> [Work to complete] Select the lines below containing the word "that".

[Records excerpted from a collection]

^^^^^^^^

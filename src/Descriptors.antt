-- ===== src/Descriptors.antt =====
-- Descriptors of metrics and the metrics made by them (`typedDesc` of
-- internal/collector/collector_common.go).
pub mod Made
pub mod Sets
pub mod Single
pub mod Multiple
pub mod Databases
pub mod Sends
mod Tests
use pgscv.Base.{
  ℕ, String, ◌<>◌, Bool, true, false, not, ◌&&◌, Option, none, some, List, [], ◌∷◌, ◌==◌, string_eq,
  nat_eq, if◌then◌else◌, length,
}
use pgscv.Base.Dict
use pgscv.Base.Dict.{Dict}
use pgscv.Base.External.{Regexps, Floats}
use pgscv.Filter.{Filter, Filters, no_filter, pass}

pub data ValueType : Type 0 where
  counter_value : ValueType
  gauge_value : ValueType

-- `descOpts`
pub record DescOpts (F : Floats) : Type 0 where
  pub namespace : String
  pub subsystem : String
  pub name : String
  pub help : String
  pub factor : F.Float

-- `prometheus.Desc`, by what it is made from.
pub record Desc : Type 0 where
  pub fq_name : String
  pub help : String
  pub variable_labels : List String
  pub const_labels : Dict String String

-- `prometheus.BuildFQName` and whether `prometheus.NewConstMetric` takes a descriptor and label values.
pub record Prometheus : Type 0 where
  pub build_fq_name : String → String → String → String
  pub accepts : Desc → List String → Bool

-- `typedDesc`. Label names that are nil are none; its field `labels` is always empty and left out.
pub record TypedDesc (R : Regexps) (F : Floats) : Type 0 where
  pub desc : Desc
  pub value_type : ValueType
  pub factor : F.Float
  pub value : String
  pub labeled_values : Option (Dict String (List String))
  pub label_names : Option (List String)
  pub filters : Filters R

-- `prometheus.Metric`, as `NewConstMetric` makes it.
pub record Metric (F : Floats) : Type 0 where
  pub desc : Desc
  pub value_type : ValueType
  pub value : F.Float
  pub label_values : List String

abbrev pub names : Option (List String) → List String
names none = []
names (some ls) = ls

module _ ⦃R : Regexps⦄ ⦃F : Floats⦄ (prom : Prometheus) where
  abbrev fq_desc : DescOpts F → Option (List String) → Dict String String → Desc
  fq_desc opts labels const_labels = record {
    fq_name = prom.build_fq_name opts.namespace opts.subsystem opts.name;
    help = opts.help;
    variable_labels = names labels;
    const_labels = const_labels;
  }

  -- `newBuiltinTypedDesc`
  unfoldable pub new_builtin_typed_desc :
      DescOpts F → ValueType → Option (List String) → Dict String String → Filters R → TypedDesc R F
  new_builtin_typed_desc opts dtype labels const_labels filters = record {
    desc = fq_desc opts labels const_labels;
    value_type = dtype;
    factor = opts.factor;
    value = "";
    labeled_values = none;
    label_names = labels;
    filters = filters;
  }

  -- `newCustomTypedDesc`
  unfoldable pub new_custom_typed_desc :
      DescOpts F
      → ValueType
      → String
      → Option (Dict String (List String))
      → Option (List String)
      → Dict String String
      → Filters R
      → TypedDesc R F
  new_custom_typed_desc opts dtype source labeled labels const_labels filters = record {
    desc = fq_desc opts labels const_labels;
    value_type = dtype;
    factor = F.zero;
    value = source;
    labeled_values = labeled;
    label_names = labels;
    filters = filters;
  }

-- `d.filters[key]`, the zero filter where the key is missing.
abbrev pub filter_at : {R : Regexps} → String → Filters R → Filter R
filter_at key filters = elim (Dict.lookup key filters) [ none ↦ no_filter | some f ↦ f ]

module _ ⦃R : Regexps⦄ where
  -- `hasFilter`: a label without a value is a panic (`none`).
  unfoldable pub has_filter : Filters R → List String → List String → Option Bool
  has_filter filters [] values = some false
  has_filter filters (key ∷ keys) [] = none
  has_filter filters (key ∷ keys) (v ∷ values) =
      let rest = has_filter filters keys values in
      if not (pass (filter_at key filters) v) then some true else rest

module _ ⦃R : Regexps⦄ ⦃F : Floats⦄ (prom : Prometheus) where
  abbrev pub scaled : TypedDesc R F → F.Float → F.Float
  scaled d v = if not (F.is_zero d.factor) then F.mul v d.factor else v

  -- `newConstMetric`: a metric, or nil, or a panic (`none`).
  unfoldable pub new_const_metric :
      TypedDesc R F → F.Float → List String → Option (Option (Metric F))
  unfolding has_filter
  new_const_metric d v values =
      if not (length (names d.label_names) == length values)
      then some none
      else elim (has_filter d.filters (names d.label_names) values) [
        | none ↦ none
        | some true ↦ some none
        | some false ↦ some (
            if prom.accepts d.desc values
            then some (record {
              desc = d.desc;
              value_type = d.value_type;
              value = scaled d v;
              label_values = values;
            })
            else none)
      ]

^^^^^^^^

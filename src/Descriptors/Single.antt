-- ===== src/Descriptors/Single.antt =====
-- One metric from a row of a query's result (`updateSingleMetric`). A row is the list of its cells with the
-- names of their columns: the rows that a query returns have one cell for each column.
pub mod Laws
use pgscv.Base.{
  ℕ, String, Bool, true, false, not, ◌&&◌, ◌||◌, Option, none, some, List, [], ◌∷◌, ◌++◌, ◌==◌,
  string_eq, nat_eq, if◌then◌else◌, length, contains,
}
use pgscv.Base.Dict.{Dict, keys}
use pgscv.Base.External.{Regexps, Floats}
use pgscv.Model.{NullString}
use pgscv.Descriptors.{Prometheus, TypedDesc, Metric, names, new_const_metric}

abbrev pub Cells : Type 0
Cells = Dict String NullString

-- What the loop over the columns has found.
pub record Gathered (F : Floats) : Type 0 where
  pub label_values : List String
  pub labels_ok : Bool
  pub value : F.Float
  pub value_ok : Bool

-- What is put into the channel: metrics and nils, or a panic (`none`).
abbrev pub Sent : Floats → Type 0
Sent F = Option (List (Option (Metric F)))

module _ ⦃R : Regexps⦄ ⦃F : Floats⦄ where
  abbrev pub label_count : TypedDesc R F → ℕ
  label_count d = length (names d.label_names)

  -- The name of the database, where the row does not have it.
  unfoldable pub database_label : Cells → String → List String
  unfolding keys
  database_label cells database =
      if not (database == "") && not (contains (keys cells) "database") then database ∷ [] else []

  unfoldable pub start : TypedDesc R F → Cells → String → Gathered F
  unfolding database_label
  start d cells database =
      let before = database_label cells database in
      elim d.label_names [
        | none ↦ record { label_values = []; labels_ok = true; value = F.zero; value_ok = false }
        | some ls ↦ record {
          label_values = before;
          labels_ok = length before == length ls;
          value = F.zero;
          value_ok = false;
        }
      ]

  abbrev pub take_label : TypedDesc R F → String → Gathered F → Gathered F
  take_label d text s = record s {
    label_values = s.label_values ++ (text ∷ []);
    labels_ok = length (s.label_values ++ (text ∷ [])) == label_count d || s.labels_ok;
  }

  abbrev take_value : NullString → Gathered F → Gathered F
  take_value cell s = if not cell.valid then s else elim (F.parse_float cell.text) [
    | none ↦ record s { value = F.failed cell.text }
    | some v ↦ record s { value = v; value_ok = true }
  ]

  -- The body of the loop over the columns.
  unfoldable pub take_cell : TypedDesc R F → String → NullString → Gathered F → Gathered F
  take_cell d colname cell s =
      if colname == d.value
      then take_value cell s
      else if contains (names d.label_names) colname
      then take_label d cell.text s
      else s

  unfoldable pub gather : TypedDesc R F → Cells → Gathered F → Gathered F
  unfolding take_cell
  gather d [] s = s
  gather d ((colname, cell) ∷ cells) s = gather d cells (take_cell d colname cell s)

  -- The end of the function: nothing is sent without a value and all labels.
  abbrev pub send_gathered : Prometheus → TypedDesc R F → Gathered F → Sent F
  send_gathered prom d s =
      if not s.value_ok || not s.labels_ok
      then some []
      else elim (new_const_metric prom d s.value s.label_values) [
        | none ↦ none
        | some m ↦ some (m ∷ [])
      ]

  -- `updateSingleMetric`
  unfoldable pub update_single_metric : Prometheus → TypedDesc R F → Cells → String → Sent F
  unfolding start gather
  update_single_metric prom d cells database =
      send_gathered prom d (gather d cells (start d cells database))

^^^^^^^^

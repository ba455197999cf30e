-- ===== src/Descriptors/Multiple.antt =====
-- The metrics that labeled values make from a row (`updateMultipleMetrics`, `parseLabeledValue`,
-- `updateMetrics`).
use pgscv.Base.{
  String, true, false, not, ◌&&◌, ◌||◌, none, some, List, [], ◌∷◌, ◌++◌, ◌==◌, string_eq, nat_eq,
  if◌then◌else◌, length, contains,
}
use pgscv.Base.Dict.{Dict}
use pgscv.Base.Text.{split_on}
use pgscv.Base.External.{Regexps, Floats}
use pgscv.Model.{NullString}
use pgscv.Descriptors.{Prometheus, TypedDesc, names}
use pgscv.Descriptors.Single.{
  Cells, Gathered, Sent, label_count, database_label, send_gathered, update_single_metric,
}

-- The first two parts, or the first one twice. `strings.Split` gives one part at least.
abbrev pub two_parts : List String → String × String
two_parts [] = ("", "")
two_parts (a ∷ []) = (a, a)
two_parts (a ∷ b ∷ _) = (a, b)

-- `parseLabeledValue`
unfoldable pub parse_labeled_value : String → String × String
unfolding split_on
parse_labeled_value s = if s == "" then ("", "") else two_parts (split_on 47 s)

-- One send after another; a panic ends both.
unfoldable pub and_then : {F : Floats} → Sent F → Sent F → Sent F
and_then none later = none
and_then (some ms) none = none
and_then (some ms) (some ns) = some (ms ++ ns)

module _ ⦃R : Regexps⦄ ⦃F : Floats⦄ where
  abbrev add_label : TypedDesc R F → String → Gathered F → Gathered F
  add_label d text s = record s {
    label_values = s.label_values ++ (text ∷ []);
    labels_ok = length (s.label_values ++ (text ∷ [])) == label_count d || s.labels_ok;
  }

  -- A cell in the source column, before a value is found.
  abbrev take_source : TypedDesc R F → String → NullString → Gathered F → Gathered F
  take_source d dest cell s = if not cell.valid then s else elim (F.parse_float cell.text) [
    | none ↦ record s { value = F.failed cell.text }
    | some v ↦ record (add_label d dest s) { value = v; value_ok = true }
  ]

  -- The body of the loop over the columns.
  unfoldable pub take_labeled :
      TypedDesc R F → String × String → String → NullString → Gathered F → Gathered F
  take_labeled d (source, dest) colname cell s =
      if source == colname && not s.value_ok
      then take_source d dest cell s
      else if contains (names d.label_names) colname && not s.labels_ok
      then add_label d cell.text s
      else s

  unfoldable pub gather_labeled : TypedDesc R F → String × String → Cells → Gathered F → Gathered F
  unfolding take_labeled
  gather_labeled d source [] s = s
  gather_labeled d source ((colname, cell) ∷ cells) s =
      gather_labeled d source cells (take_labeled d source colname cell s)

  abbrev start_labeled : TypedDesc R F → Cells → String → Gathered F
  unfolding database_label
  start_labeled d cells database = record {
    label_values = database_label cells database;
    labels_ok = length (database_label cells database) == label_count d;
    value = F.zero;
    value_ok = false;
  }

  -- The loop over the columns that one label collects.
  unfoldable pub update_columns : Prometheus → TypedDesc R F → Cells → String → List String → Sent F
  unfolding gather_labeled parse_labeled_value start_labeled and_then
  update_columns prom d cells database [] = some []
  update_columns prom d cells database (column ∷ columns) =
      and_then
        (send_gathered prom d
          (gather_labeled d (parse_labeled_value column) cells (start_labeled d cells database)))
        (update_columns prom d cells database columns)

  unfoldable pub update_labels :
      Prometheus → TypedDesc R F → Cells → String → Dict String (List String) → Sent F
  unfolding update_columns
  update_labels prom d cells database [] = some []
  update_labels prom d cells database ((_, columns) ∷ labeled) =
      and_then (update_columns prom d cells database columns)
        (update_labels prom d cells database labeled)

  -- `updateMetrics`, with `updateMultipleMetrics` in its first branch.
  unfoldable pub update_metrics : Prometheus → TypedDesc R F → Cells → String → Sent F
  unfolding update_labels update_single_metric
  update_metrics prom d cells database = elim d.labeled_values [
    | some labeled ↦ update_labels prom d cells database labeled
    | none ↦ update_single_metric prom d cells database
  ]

^^^^^^^^

> [Written solution]
-- `typedDesc`. Label names that are nil are none; its field `labels` is always empty and left out.
-- names of their columns: the rows that a query returns have one cell for each column.
-- The metrics that labeled values make from a row (`updateMultipleMetrics`, `parseLabeledValue`,
  -- The loop over the columns that one label collects.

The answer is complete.